Parkta geçirdiğim Arsuz gecesinin sabahına, çadırın etrafında birkaç tur atan köpek sesi haricinde hiçbir ses duymadan uyandım. Gayet serikanlı hareketlerle önce çadırımın içerisini toplayıp, daha sonra da akşam alıp çantama attığım ekmek ve salamdan kahvaltılık hazırladım. Ekmeğimi kuru kuru yemeye başlamışken yan taraftaki yerden çay içmek için parkın duvarını atlayıp çayla beraber kahvaltımı yaptım ve dönüp çadırımı tamamen topladım. İlçe çıkışına doğru yürüyüp günün ilk otostobunu çektim. Bindiğim araçtaki İngilizce öğretmeni Seda abla ve babasıyla işlettikleri dil okuluna kadar gittik. Orada bir saat kadar oturup kahvelerimizi içerken, eski İskenderun’u ve insanlarını büyük bir ilgi ve hayretle dinleyerek çok değerli bilgiler edindim. Oradan kalktıktan sonra beni bıraktıkları yerde, yanıma aldığım çantalarımla birlikte uzunca bir süre kaldırımda oturup ne yapmak istediğime karar vermeye çalıştım. Saat öğleni devirdiğinde ani bir kararla harekete geçtim. Artık Adıyaman’a gidecektim. Bunu yapıyor olmaktan, ani bir karar alabilme lüksünden ve bu özgürlükten son derece mutluydum.

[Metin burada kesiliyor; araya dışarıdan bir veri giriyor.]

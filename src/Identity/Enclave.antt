-- ===== src/Identity/Enclave.antt =====
-- Identities whose key is in the device's enclave.
use ndn_mobile.Prelude.{
  ℕ, ◌/◌, ◌%◌, ◌^◌, Bool, true, not, if◌then◌else◌, some, List, [], ◌∷◌, ◌++◌, ◌⊎◌, inl, inr,
}
use ndn_mobile.Text.{Text, codes}
use ndn_mobile.Types.{identity}
use ndn_mobile.Enroll.Identity.{until_ns, enroll_token_custodian_conn}
use ndn_mobile.Identity.{
  Parts, EnclaveBackend, Act, ◌>>=◌, ◌>>◌, return, fail, lift, map_io, name_in, set_identity,
}
use ndn_mobile.Identity.Owner.{validity_secs, self_cert_name}
use ndn_mobile.Identity.Load.{
  NdnEnrollConfig, NdnEnrolledIdentity, enrolling, view, install, config_of,
}

unfoldable pub signed_or_failed : List ℕ → Text ⊎ List ℕ
signed_or_failed [] = inl (codes "enclave refused or unavailable")
signed_or_failed (b ∷ sig) = inr (b ∷ sig)

-- `sign` of `CallbackEnclaveBackend`.
unfoldable pub backend_sign : EnclaveBackend → List ℕ → Text ⊎ List ℕ
backend_sign enclave region = signed_or_failed (enclave.sign_raw region)

module _ (p : Parts) where
  open p use {lib, keys}
  open lib use {Name}

  unfoldable pub available : EnclaveBackend → Act p (List ℕ)
  available enclave s =
      if not enclave.is_available
      then fail p (identity (codes "enclave key not available (biometry / keystore)")) s
      else return p enclave.public_key s

  unfoldable pub non_empty : List ℕ → Act p (List ℕ)
  non_empty [] = fail p (identity (codes "enclave returned no public key"))
  non_empty (b ∷ pubkey) = return p (b ∷ pubkey)

  -- Named by the time in milliseconds.
  unfoldable pub fresh_key_name : Name → Act p Name
  fresh_key_name id_name = do
    now ← lift p keys.clock
    return p (keys.append_version (lib.append id_name (codes "KEY")) (now / 1000000 % 2 ^ 64))

  unfoldable pub enroll_with_token_enclave :
      NdnEnrollConfig → Text → EnclaveBackend → Act p NdnEnrolledIdentity
  enroll_with_token_enclave config token enclave = do
    cfg ← config_of p config
    pubkey ← available enclave
    key_name ← fresh_key_name cfg.identity
    let custodial = p.enclave_custodian (backend_sign enclave) config.identity key_name pubkey
    enrolled ← enrolling p (enroll_token_custodian_conn lib keys cfg custodial token)
    install p enrolled
    return p (view p enrolled [])

  -- The certificate goes to the host; the core keeps the one that it had.
  unfoldable pub generate_identity_enclave : Text → EnclaveBackend → Act p NdnEnrolledIdentity
  generate_identity_enclave name enclave = do
    id_name ← name_in p name
    found ← available enclave
    pubkey ← non_empty found
    key_name ← fresh_key_name id_name
    let custodial = p.enclave_custodian (backend_sign enclave) name key_name pubkey
    now ← lift p keys.clock
    let now_ns = now % 2 ^ 64
    let cert_name = self_cert_name p key_name
    cert_wire ←
        map_io p (λ e. identity (codes "enclave self-cert failed: " ++ e))
          (p.encode_cert cert_name pubkey (keys.custodian_signer custodial) now_ns
            (until_ns now_ns validity_secs))
    set_identity p (keys.custodian_certified cert_name custodial)
    return p (record {
      key_name = p.to_string key_name;
      cert_name = p.to_string cert_name;
      certificate = some cert_wire;
      safebag = [];
    })

  -- Here too.
  unfoldable pub load_identity_enclave : Text → Text → EnclaveBackend → Act p Bool
  load_identity_enclave key_name cert_name enclave = do
    kname ← name_in p key_name
    cname ← name_in p cert_name
    found ← available enclave
    pubkey ← non_empty found
    set_identity p (
        keys.custodian_certified cname
          (p.enclave_custodian (backend_sign enclave) key_name kname pubkey))
    return p true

Duran ilk araçla otoban girişine kadar gidip, bağlantı yollarını geçene dek otobanda yürüdüm, gölge bir yerde durup beklemeye başladım. Yarım saati aşan bir bekleyişten sonra asker olan Furkan ve kardeşi Gürkan beni alarak 60 km kadar götürdüler. Onlardan ayrılınca indiğim yerden 3 km ilerideki sapağa yürümem gerekiyordu. Çünkü giden araçların çoğu ayrımdan benim gitmeyeceğim yöne doğru gidiyordu. Zorlu ve terli bir yürüyüşle ayrıma ulaşıp durdum. Bir sonraki aracımda emniyetten emekli Mehmet abiyle birlikte yolculuğa başladık. O Urfa’ya gidiyordu, haritadan baktım ve yolumuzun ayrılacağı noktada inecektim. Fakat bana “Seni Birecik’e götüreyim mi?” diye sordu. Tekrar haritaya baktım, Fırat’ın yanında mı, dedim. Onaylayınca da “Haydi götür.” dedim ve yolculuğum artık yeni bir boyut kazandı.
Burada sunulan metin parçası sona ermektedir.